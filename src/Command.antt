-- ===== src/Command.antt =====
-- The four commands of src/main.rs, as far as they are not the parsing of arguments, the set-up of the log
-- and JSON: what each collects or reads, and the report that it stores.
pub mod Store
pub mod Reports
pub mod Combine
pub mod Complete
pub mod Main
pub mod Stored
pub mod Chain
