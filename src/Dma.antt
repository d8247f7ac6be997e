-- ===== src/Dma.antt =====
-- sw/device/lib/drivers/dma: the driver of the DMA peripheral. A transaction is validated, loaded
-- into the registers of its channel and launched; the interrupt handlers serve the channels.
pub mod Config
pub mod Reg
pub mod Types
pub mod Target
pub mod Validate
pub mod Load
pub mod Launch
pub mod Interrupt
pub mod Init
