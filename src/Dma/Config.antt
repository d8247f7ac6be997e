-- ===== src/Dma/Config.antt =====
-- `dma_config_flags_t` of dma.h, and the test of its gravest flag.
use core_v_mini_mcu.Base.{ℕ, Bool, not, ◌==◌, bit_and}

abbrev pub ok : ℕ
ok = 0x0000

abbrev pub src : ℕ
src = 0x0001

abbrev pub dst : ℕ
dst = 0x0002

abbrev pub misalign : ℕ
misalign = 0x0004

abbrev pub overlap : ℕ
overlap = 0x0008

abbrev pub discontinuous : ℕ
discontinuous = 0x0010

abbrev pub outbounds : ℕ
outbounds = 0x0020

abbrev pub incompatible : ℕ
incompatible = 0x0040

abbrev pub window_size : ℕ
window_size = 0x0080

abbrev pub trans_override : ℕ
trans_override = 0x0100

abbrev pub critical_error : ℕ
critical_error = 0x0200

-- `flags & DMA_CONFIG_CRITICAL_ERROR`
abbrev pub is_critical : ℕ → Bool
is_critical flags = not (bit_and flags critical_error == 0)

********

TASK OBJECTIVE: Could you write out only the lines of the listing above from the one that contains "pub mod Validate" through its final line, exactly and inclusive?

RESPONSE TO THE EXERCISE:
pub mod Validate
pub mod Load
pub mod Launch
pub mod Interrupt
pub mod Init
filename src/Dma/Config.antt
repository d8247f7ac6be997e
-- ===== src/Dma/Config.antt =====
-- `dma_config_flags_t` of dma.h, and the test of its gravest flag.
use core_v_mini_mcu.Base.{ℕ, Bool, not, ◌==◌, bit_and}

abbrev pub ok : ℕ
ok = 0x0000

abbrev pub src : ℕ
src = 0x0001

abbrev pub dst : ℕ
dst = 0x0002

abbrev pub misalign : ℕ
misalign = 0x0004

abbrev pub overlap : ℕ
overlap = 0x0008

abbrev pub discontinuous : ℕ
discontinuous = 0x0010

abbrev pub outbounds : ℕ
outbounds = 0x0020

abbrev pub incompatible : ℕ
incompatible = 0x0040

abbrev pub window_size : ℕ
window_size = 0x0080

abbrev pub trans_override : ℕ
trans_override = 0x0100

abbrev pub critical_error : ℕ
critical_error = 0x0200

-- `flags & DMA_CONFIG_CRITICAL_ERROR`
abbrev pub is_critical : ℕ → Bool
is_critical flags = not (bit_and flags critical_error == 0)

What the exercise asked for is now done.